[RECORDS SHOWN]
-- ===== src/Bpm/Consistent.antt =====
-- The pool's invariant: a page that the page table has is in its frame, and a free frame is not in
-- the page table. What the page table and the frames are after one of them changes.
use rust_db.Common.{
  ℕ, zero, suc, ◌≡◌, ◌≢◌, ◌⊎◌, inl, inr, refl, sym, ap, ◌∙◌, Bool, true, false, List, [], ◌∷◌,
  Option, none, some, get_elem?, set, All, subst,
}
use rust_db.Types.{PageId, page_id_eq, page_id_eq→eq}
use rust_db.Page.{Page}
use rust_db.Bpm.Frames.{Frame}
use rust_db.Bpm.Swept.{AllSwept}
use rust_db.Bpm.State.{BufferPool, table_get, table_remove, table_insert}

-- The page in a frame.
abbrev pub latch_of : Option Frame → Option Page
latch_of none = none
latch_of (some f) = f.latch

abbrev pub held : List Frame → ℕ → Option Page
held frames f = latch_of (get_elem? frames f)

abbrev pub IsUnmapped : List (PageId × ℕ) → ℕ → Type 0
IsUnmapped table f = (id : PageId) → table_get table id ≢ some f

abbrev pub AllDistinct : List ℕ → Type 0
AllDistinct [] = Unit
AllDistinct (f ∷ fs) = All (λ g. f ≢ g) fs × AllDistinct fs

abbrev pub AllMapped : List (PageId × ℕ) → List Frame → Type 0
AllMapped table frames =
    (id : PageId) (f : ℕ)
    → table_get table id ≡ some f
    → (p : Page) × (held frames f ≡ some p) × (p.page_id ≡ id)

pub record IsConsistent {D Ep : Type 0} (s : BufferPool D Ep) : Type 0 where
  pub mapped : AllMapped s.page_table s.frames
  pub apart : All (IsUnmapped s.page_table) s.free_frames
  pub distinct : AllDistinct s.free_frames

pub get-remove :
    (table : List (PageId × ℕ)) (id j : PageId) (f : ℕ)
    → table_get (table_remove table id) j ≡ some f
    → (table_get table j ≡ some f) × (id ≢ j)
unfolding table_get table_remove
get-remove [] id j f e = absurd (clash e)
  where
    clash : none ≡ some f → ⊥
    clash q = cc
get-remove ((k, g) ∷ table) id j f e =
    go (page_id_eq k id) (page_id_eq k j) refl refl (get-remove table id j f)
  where
    there : page_id_eq k id ≡ true → page_id_eq k j ≡ true → id ≡ j
    there a b = sym (page_id_eq→eq k id a) ∙ page_id_eq→eq k j b

    apart : page_id_eq k id ≡ false → page_id_eq k j ≡ true → id ≢ j
    apart a b same = clash (subst (λ x. page_id_eq k x ≡ true) (sym same) b)
      where
        clash : page_id_eq k id ≡ true → ⊥
        clash q = cc

    go :
        (b c : Bool)
        → page_id_eq k id ≡ b
        → page_id_eq k j ≡ c
        → (table_get (table_remove table id) j ≡ some f → (table_get table j ≡ some f) × (id ≢ j))
        → (table_get ((k, g) ∷ table) j ≡ some f) × (id ≢ j)
    go true true a b ih = let (kept, n) = ih (rw a at e) in absurd (n (there a b))
    go true false a b ih = let (kept, n) = ih (rw a at e) in (rw b kept, n)
    go false true a b ih = (rw b (rw (a, b, table_get) at e), apart a b)
    go false false a b ih = let (kept, n) = ih (rw (a, b, table_get) at e) in (rw b kept, n)

pub get-insert :
    (table : List (PageId × ℕ)) (id j : PageId) (f g : ℕ)
    → table_get (table_insert table id f) j ≡ some g
    → ((id ≡ j) × (f ≡ g)) ⊎ ((id ≢ j) × (table_get table j ≡ some g))
unfolding table_get
get-insert table id j f g e = go (page_id_eq id j) refl
  where
    some_inj : {a b : ℕ} → some a ≡ some b → a ≡ b
    some_inj q = cc

    go :
        (b : Bool)
        → page_id_eq id j ≡ b
        → ((id ≡ j) × (f ≡ g)) ⊎ ((id ≢ j) × (table_get table j ≡ some g))
    go true a = inl (page_id_eq→eq id j a, some_inj (rw (a, table_get) at e))
    go false a = let (kept, n) = get-remove table id j g (rw (a, table_get) at e) in inr (n, kept)

-- The frame that holds a page.
pub frame_of :
    (frames : List Frame) (i : ℕ) (p : Page)
    → held frames i ≡ some p
    → (f : Frame) × (get_elem? frames i ≡ some f) × (f.latch ≡ some p)
frame_of frames i p e = go (get_elem? frames i) refl
  where
    clash : none ≡ some p → ⊥
    clash q = cc

    go :
        (o : Option Frame)
        → get_elem? frames i ≡ o
        → (f : Frame) × (get_elem? frames i ≡ some f) × (f.latch ≡ some p)
    go none q = absurd (clash (sym (ap latch_of q) ∙ e))
    go (some f) q = (f, q, sym (ap latch_of q) ∙ e)

pub held-set :
    (frames : List Frame) (i : ℕ) (old new : Frame)
    → get_elem? frames i ≡ some old
    → held (set frames i new) i ≡ new.latch
held-set [] i old new e = cc
held-set (x ∷ frames) zero old new e = refl
held-set (x ∷ frames) (suc i) old new e = held-set frames i old new e

pub held-set_other :
    (frames : List Frame) (i j : ℕ) (new : Frame)
    → i ≢ j
    → held (set frames i new) j ≡ held frames j
held-set_other [] i j new n = refl
held-set_other (x ∷ frames) zero zero new n = absurd (n refl)
held-set_other (x ∷ frames) zero (suc j) new n = refl
held-set_other (x ∷ frames) (suc i) zero new n = refl
held-set_other (x ∷ frames) (suc i) (suc j) new n =
    held-set_other frames i j new (λ e. n (ap suc e))

pub held-AllSwept : (fs gs : List Frame) (i : ℕ) → AllSwept fs gs → held gs i ≡ held fs i
held-AllSwept [] [] i a = refl
held-AllSwept [] (g ∷ gs) i a = absurd a
held-AllSwept (f ∷ fs) [] i a = absurd a
held-AllSwept (f ∷ fs) (g ∷ gs) zero a = a.0.0
held-AllSwept (f ∷ fs) (g ∷ gs) (suc i) a = held-AllSwept fs gs i a.1

pub get-set :
    (frames : List Frame) (i : ℕ) (old new : Frame)
    → get_elem? frames i ≡ some old
    → get_elem? (set frames i new) i ≡ some new
get-set [] i old new e = cc
get-set (x ∷ frames) zero old new e = refl
get-set (x ∷ frames) (suc i) old new e = get-set frames i old new e

pub held-set_latch :
    (frames : List Frame) (i j : ℕ) (old new : Frame)
    → get_elem? frames i ≡ some old
    → new.latch ≡ old.latch
    → held (set frames i new) j ≡ held frames j
held-set_latch [] i j old new e same = refl
held-set_latch (x ∷ frames) zero zero old new e same =
    let own : x ≡ old = cc in same ∙ sym (ap (λ f. f.latch) own)
held-set_latch (x ∷ frames) zero (suc j) old new e same = refl
held-set_latch (x ∷ frames) (suc i) zero old new e same = refl
held-set_latch (x ∷ frames) (suc i) (suc j) old new e same =
    held-set_latch frames i j old new e same

-- Nothing depends on the frames but through the pages that they hold.
pub AllMapped-held :
    (table : List (PageId × ℕ)) (frames frames' : List Frame)
    → ((i : ℕ) → held frames' i ≡ held frames i)
    → AllMapped table frames
    → AllMapped table frames'
AllMapped-held table frames frames' same h id f e =
    let (p, there, own) = h id f e in (p, same f ∙ there, own)

-- A page that is put into an unmapped frame is not missed.
pub AllMapped-fill :
    (table : List (PageId × ℕ)) (frames : List Frame) (i : ℕ) (new : Frame)
    → IsUnmapped table i
    → AllMapped table frames
    → AllMapped table (set frames i new)
AllMapped-fill table frames i new free h id f e =
    let (p, there, own) = h id f e in
    (p, held-set_other frames i f new (λ same. free id (e ∙ ap some (sym same))) ∙ there, own)

-- The frame is mapped under the id of its page.
pub AllMapped-insert :
    (table : List (PageId × ℕ)) (frames : List Frame) (id : PageId) (i : ℕ) (p : Page)
    → held frames i ≡ some p
    → p.page_id ≡ id
    → AllMapped table frames
    → AllMapped (table_insert table id i) frames
AllMapped-insert table frames id i p there own h j f e = elim (get-insert table id j i f e) [
  | inl (same, here) ↦ (p, ap (held frames) (sym here) ∙ there, own ∙ same)
  | inr (apart, kept) ↦ h j f kept
]

pub AllMapped-remove :
    (table : List (PageId × ℕ)) (frames : List Frame) (id : PageId)
    → AllMapped table frames
    → AllMapped (table_remove table id) frames
AllMapped-remove table frames id h j f e = h j f (get-remove table id j f e).0

-- Without its page's entry a frame is unmapped.
pub IsUnmapped-remove :
    (table : List (PageId × ℕ)) (frames : List Frame) (p : Page) (i : ℕ)
    → held frames i ≡ some p
    → AllMapped table frames
    → IsUnmapped (table_remove table p.page_id) i
IsUnmapped-remove table frames p i there h id e =
    let (kept, apart) = get-remove table p.page_id id i e in
    let (q, held_q, own) = h id i kept in apart (same_page (sym there ∙ held_q) ∙ own)
  where
    same_page : {q : Page} → some p ≡ some q → p.page_id ≡ q.page_id
    same_page e = cc

pub IsUnmapped-remove_other :
    (table : List (PageId × ℕ)) (id : PageId) (i : ℕ)
    → IsUnmapped table i
    → IsUnmapped (table_remove table id) i
IsUnmapped-remove_other table id i h j e = h j (get-remove table id j i e).0

pub IsUnmapped-insert :
    (table : List (PageId × ℕ)) (id : PageId) (i j : ℕ)
    → i ≢ j
    → IsUnmapped table j
    → IsUnmapped (table_insert table id i) j
IsUnmapped-insert table id i j n h k e = elim (get-insert table id k i j e) [
  | inl (same, here) ↦ n here
  | inr (apart, kept) ↦ h k kept
]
[/RECORDS SHOWN]
### WHAT IS BEING ASKED
Go through the material line by line, tally each line containing "abbrev", and give the total only.

### REPLY TO THE TASK
5